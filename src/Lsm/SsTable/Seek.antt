-- ===== src/Lsm/SsTable/Seek.antt =====
-- The binary search over the pages of a table.
use structuredb.Base.{
  ℕ, zero, suc, ◌+◌, ◌-◌, ◌/◌, ◌≤◌, ◌<◌, ◌≡◌, refl, false, none, some, List, [], ◌∷◌, ◌++◌, arith,
  if◌then◌else◌, length, get_elem?, ltb, Bool-cases, inl, inr, All, subst, some_inj, All-left,
  All-right, All-get,
}
use structuredb.Base.Str.{Str, str_lt}
use structuredb.Lsm.Types.{Record}
use structuredb.Lsm.Range.{IsKeySorted, str_le_trans}
use structuredb.Lsm.Page.{Page, max_key}
use structuredb.Lsm.SsTable.{SsTable, page_count, page_max_key, lower_bound_loop, lower_bound}

-- The records of all pages, in order.
unfoldable pub flat : List Page → List Record
flat [] = []
flat (p ∷ ps) = p ++ flat ps

-- No page is empty.
abbrev pub Filled : List Page → Type 0
Filled = All (λ p. 0 < length p)

-- The number of leading pages whose last key is below the bound.
unfoldable pub pages_below : Str → List Page → ℕ
pages_below key [] = 0
pages_below key (p ∷ ps) = elim (max_key p) [
  | none ↦ 0
  | some m ↦ if str_lt m key then suc (pages_below key ps) else 0
]

pub max_key_of_filled : (p : Page) → 0 < length p → (m : Str) × (max_key p ≡ some m)
unfolding max_key
max_key_of_filled [] h = absurd (omega arith)
max_key_of_filled (r ∷ []) h = (r.key, refl)
max_key_of_filled (r ∷ x ∷ rs) h = max_key_of_filled (x ∷ rs) (omega arith)

pub sorted_left : (xs ys : List Record) → IsKeySorted (xs ++ ys) → IsKeySorted xs
sorted_left [] ys h = tt
sorted_left (x ∷ xs) ys h = (All-left _ xs ys h.0, sorted_left xs ys h.1)

pub sorted_right : (xs ys : List Record) → IsKeySorted (xs ++ ys) → IsKeySorted ys
sorted_right [] ys h = h
sorted_right (x ∷ xs) ys h = sorted_right xs ys h.1

-- Behind a page no key is below the page's last.
rest_above :
    (q : Page) (rest : List Record) (m : Str)
    → IsKeySorted (q ++ rest)
    → max_key q ≡ some m
    → All (λ y. str_lt y.key m ≡ false) rest
unfolding max_key
rest_above [] rest m h e = cc
rest_above (r ∷ []) rest m h e =
    subst (λ k. All (λ y. str_lt y.key k ≡ false) rest) (some_inj e) h.0
rest_above (r ∷ x ∷ rs) rest m h e = rest_above (x ∷ rs) rest m h.1 e

max_key_holds :
    (m k : Str) (p : Page)
    → All (λ y. str_lt y.key m ≡ false) p
    → max_key p ≡ some k
    → str_lt k m ≡ false
unfolding max_key
max_key_holds m k [] h e = cc
max_key_holds m k (r ∷ []) h e = subst (λ k. str_lt k m ≡ false) (some_inj e) h.0
max_key_holds m k (r ∷ x ∷ rs) h e = max_key_holds m k (x ∷ rs) h.1 e

page_above :
    (m k : Str) (ps : List Page) (i : ℕ) (p : Page)
    → All (λ y. str_lt y.key m ≡ false) (flat ps)
    → get_elem? ps i ≡ some p
    → max_key p ≡ some k
    → str_lt k m ≡ false
unfolding flat
page_above m k [] i p h e u = cc
page_above m k (q ∷ ps) zero p h e u =
    max_key_holds m k p (subst (All _) (some_inj e) (All-left _ q (flat ps) h)) u
page_above m k (q ∷ ps) (suc i) p h e u = page_above m k ps i p (All-right _ q (flat ps) h) e u

-- A page's last key is below the bound exactly if the page is one of the leading ones.
pub pages_below_iff :
    (key : Str) (ps : List Page) (i : ℕ) (p : Page) (m : Str)
    → IsKeySorted (flat ps)
    → Filled ps
    → get_elem? ps i ≡ some p
    → max_key p ≡ some m
    → str_lt m key ≡ ltb i (pages_below key ps)
unfolding flat pages_below
pages_below_iff key [] i p m s f e k = cc
pages_below_iff key (q ∷ ps) zero p m s f e k = ground arith
pages_below_iff key (q ∷ ps) (suc i) p m s f e k =
    let (n, last) = max_key_of_filled q f.0 in
    rw (last, pages_below)
      (ground (
        arith,
        pages_below_iff key ps i p m (sorted_right q _ s) f.1 e k,
        page_above n m ps i p (rest_above q (flat ps) n s last) e k,
        str_le_trans key n m,
      ))

pub pages_below-le : (key : Str) (ps : List Page) → pages_below key ps ≤ length ps
unfolding pages_below
pages_below-le key [] = omega arith
pages_below-le key (p ∷ ps) = ground (arith, pages_below-le key ps)

get_some : (ps : List Page) (i : ℕ) → i < length ps → (p : Page) × (get_elem? ps i ≡ some p)
get_some [] i h = absurd (omega arith)
get_some (p ∷ ps) zero h = (p, refl)
get_some (p ∷ ps) (suc i) h = get_some ps i (omega arith)

page_max_key-some :
    (t : SsTable) (i : ℕ)
    → Filled t.pages
    → i < page_count t
    → (p : Page) × (m : Str) × (get_elem? t.pages i ≡ some p)
      × (max_key p ≡ some m)
      × (page_max_key i t ≡ some m)
unfolding page_max_key
page_max_key-some t i f h =
    let (p, e) = get_some t.pages i h in
    let (m, k) = max_key_of_filled p (All-get _ t.pages i p f e) in
    (p, m, e, k, rw (e, page_max_key) k)

lower_bound_loop_lem :
    (fuel : ℕ) (key : Str) (t : SsTable) (lo hi : ℕ)
    → IsKeySorted (flat t.pages)
    → Filled t.pages
    → lo ≤ pages_below key t.pages
    → pages_below key t.pages ≤ hi
    → hi ≤ page_count t
    → hi - lo < fuel
    → lower_bound_loop fuel key t lo hi ≡ some (pages_below key t.pages)
unfolding lower_bound_loop
lower_bound_loop_lem zero key t lo hi s f a b c d = absurd (omega arith)
lower_bound_loop_lem (suc fuel) key t lo hi s f a b c d = elim (Bool-cases (ltb lo hi)) [
  | inl more ↦
      let mid : ℕ = lo + (hi - lo) / 2 in
      let inside : mid < hi = ground arith in
      let (p, m, e, k, found) = page_max_key-some t mid f (omega arith) in
      rw (more, found, lower_bound_loop)
        (elim (Bool-cases (str_lt m key)) [
          | inl below ↦
              rw (below, lower_bound_loop)
                (lower_bound_loop_lem fuel key t (mid + 1) hi s f
                  (ground (arith, pages_below_iff key t.pages mid p m s f e k)) b c (omega arith))
          | inr above ↦
              rw (above, lower_bound_loop)
                (lower_bound_loop_lem fuel key t lo mid s f a
                  (ground (arith, pages_below_iff key t.pages mid p m s f e k)) (omega arith)
                  (ground arith))
        ])
  | inr done ↦ rw (done, lower_bound_loop) (ground arith)
]

-- On a table that is sorted by key and has no empty page the binary search ends within its rounds,
-- and finds the first page whose last key reaches the bound, or the number of pages if there is
-- none.
pub lower_bound_lem :
    (key : Str) (t : SsTable)
    → IsKeySorted (flat t.pages)
    → Filled t.pages
    → lower_bound key t ≡ some (pages_below key t.pages)
unfolding lower_bound
lower_bound_lem key t s f =
    lower_bound_loop_lem (page_count t + 1) key t 0 (page_count t) s f (omega arith)
      (pages_below-le key t.pages) (omega arith) (omega arith)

◆ Task directions ◆
Return a copy of each line of the material that holds the word "none".

◆ Task result ◆
  ℕ, zero, suc, ◌+◌, ◌-◌, ◌/◌, ◌≤◌, ◌<◌, ◌≡◌, refl, false, none, some, List, [], ◌∷◌, ◌++◌, arith,
  | none ↦ 0
-- none.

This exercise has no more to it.